What breed is she? Some breeds like chihuahuas/pugs/boxers/cavaliers are
especialy prone to epilepsy so it might be a fair bet


----------



## cynster (Feb 26, 2011)

She's a Papillon - and normally I would, but the vet specifically told me she might do it more but to just keep an eye on it and treat her with the medicine I gave her. So if after the 4 days of medicine she is still doing it, I'll take her back.

I really really really hope it isn't epilepsy. Right now she isn't doing it. She did it for a few hours yesterday evening though, but it wasn't as bad. A little foaming and licking, but she wasn't shaking or baring her teeth.

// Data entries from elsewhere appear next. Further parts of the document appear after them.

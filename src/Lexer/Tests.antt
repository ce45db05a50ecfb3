-- ===== src/Lexer/Tests.antt =====
-- Lines that are cut, and the theorems at them.
use becoming_an_elite_engine.Base.{ap, true, false, ◌≡◌, ◌≢◌, refl, some, List, [], ◌∷◌, All}
use becoming_an_elite_engine.Lexer.Text.{Text, index_of, clean, is_stop_word, ci_equal}
use becoming_an_elite_engine.Lexer.Words.{space, split_line, split_loop, tokens, token_loop}
use becoming_an_elite_engine.Lexer.Shutdown.{
  Ilp, pill, testing, emitting, finished, joining, Shared, start_state, Step, go_on, give_up,
  take_line, emit, next_round, count_down, close, mark, queue_line, stop, Reachable, start, after,
}
use becoming_an_elite_engine.Lexer.Split.{joined, pieces, words, IsWord, split_line_lem, tokens_lem}

-- "The cat,  a  Hat"
abbrev line : Text
line = 84 ∷ 104 ∷ 101 ∷ 32 ∷ 99 ∷ 97 ∷ 116 ∷ 44 ∷ 32 ∷ 32 ∷ 97 ∷ 32 ∷ 72 ∷ 97 ∷ 116 ∷ []

-- "a", "the"
abbrev pub stop_set : List Text
stop_set = (97 ∷ []) ∷ (116 ∷ 104 ∷ 101 ∷ []) ∷ []

-- "cat", "hat"
tokens_test : tokens stop_set line ≡ some ((99 ∷ 97 ∷ 116 ∷ []) ∷ (104 ∷ 97 ∷ 116 ∷ []) ∷ [])
unfolding tokens token_loop clean is_stop_word ci_equal index_of
tokens_test = refl

split_line_test : split_line (97 ∷ 32 ∷ 32 ∷ 98 ∷ []) ≡ some ((97 ∷ []) ∷ [] ∷ (98 ∷ []) ∷ [])
unfolding split_line split_loop index_of
split_line_test = refl

split_line_lem_example :
    (ps : List Text) × (split_line line ≡ some ps)
    × (joined ps ≡ line)
    × All (λ piece. All (λ c. c ≢ space) piece) ps
split_line_lem_example = split_line_lem line

tokens_lem_example :
    (ws : List Text) × (tokens stop_set line ≡ some ws)
    × (ws ≡ words stop_set (pieces line))
    × All (IsWord stop_set) ws
tokens_lem_example = tokens_lem stop_set line

-- both workers at work: the first pushes "cat", then all stop, and the second closes the queue
abbrev pub last : Shared
last = record {
  running = false;
  active = 0;
  closed = true;
  lines = [];
  pushed = (99 ∷ 97 ∷ 116 ∷ []) ∷ [] ∷ [];
  workers = finished ∷ finished ∷ [];
  stopper = joining;
}

next : {s s' : Shared} → Reachable stop_set s → Step stop_set s s' → Reachable stop_set s'
next {s} {s'} r step = after s s' r step

abbrev pub cat : Ilp
cat = record { filepath = 102 ∷ []; line = 99 ∷ 97 ∷ 116 ∷ [] }

pub tokens_cat : tokens stop_set cat.line ≡ some ((99 ∷ 97 ∷ 116 ∷ []) ∷ [])
unfolding tokens token_loop clean is_stop_word ci_equal index_of
tokens_cat = refl

pub cat-pill : cat ≢ pill
cat-pill e = let no_line : cat.line ≡ [] = ap (λ l. l.line) e in absurd (cc)

pushed_cat : Reachable stop_set (record start_state {
  lines = [];
  pushed = (99 ∷ 97 ∷ 116 ∷ []) ∷ [];
  workers = emitting [] ∷ testing ∷ [];
})
pushed_cat =
    next
      (next (next (next start (queue_line start_state cat)) (go_on _ 0 refl refl))
        (take_line _ 0 cat [] _ refl refl cat-pill tokens_cat))
      (emit _ 0 (99 ∷ 97 ∷ 116 ∷ []) [] refl)

pub last_reached : Reachable stop_set last
last_reached =
    next
      (next
        (next
          (next
            (next
              (next (next (next pushed_cat (next_round _ 0 refl)) (stop _)) (give_up _ 0 refl refl))
              (count_down _ 0 refl))
            (give_up _ 1 refl refl))
          (count_down _ 1 refl))
        (close _ 1 refl refl))
      (mark _ 1 refl)
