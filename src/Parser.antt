-- ===== src/Parser.antt =====
-- searchengine/internal/parser/parser.cpp: `Parser::Run`, the last stage of the pipeline. The
-- thread, the clock and the logging are not modelled.
pub mod Stream
mod Tests
use becoming_an_elite_engine.Base.{
  text_order, ℕ, ◌+◌, ◌%◌, ◌^◌, Bool, true, false, Option, none, some, List, [], ◌∷◌, ◌==◌,
  if◌then◌else◌,
}
use becoming_an_elite_engine.Bst.{Tree, null, recurse_insertion}
use becoming_an_elite_engine.Lexer.Text.{Text}

-- What becomes of the promise: it gets the count of tokens, or the `IndexingError`, or is dropped
-- without either, which its owner sees as `broken_promise`.
pub data Outcome : Type 0 where
  fulfilled : ℕ → Outcome
  failed : Outcome
  broken : Outcome

-- A round of the loop: what `running_` holds, and the token that the queue hands out if it is set.
abbrev pub Round : Type 0
Round = Bool × Text

-- `none` is a parser that waits for a token when the rounds end.
unfoldable pub run_loop : List Round → Tree Text → ℕ → Option (Outcome × Tree Text)
run_loop [] tree indexed = none
run_loop ((false, token) ∷ rounds) tree indexed = some (broken, tree)
run_loop ((true, []) ∷ rounds) tree indexed =
    some (if indexed == 0 then failed else fulfilled indexed, tree)
run_loop ((true, c ∷ token) ∷ rounds) tree indexed =
    run_loop rounds (recurse_insertion tree (c ∷ token)) ((indexed + 1) % 2 ^ 64)

unfoldable pub run : List Round → Option (Outcome × Tree Text)
unfolding run_loop
run rounds = run_loop rounds null 0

Oh and we are checking her blood for it when she gets spayed this fall - unless she actually has an episode.


----------



## Jeepers (Jul 12, 2011)

Funny someone asked about frogs and toads. We had a chow, g. retriever and shepard mix growing up and she ate a toad. She was foaming at the mouth and everything.

Hopefully it isn't epilepsy. Getting her tested is a good idea though.


----------



## Abbylynn (Jul 7, 2011)

How is Cosette today? I am truly concerned. I would be really upset if it were one of my own dogs. Hope she is improving!


----------



## spotted nikes (Feb 7, 2008)

How often do you feed? Many small dogs get hypoglycemic (low blood sugar) easily. If she eats only once a day, can you try feeding twice a day instead? Hypoglycemia wouldn't cause the foaming at the mouth, but could acct for the other things. 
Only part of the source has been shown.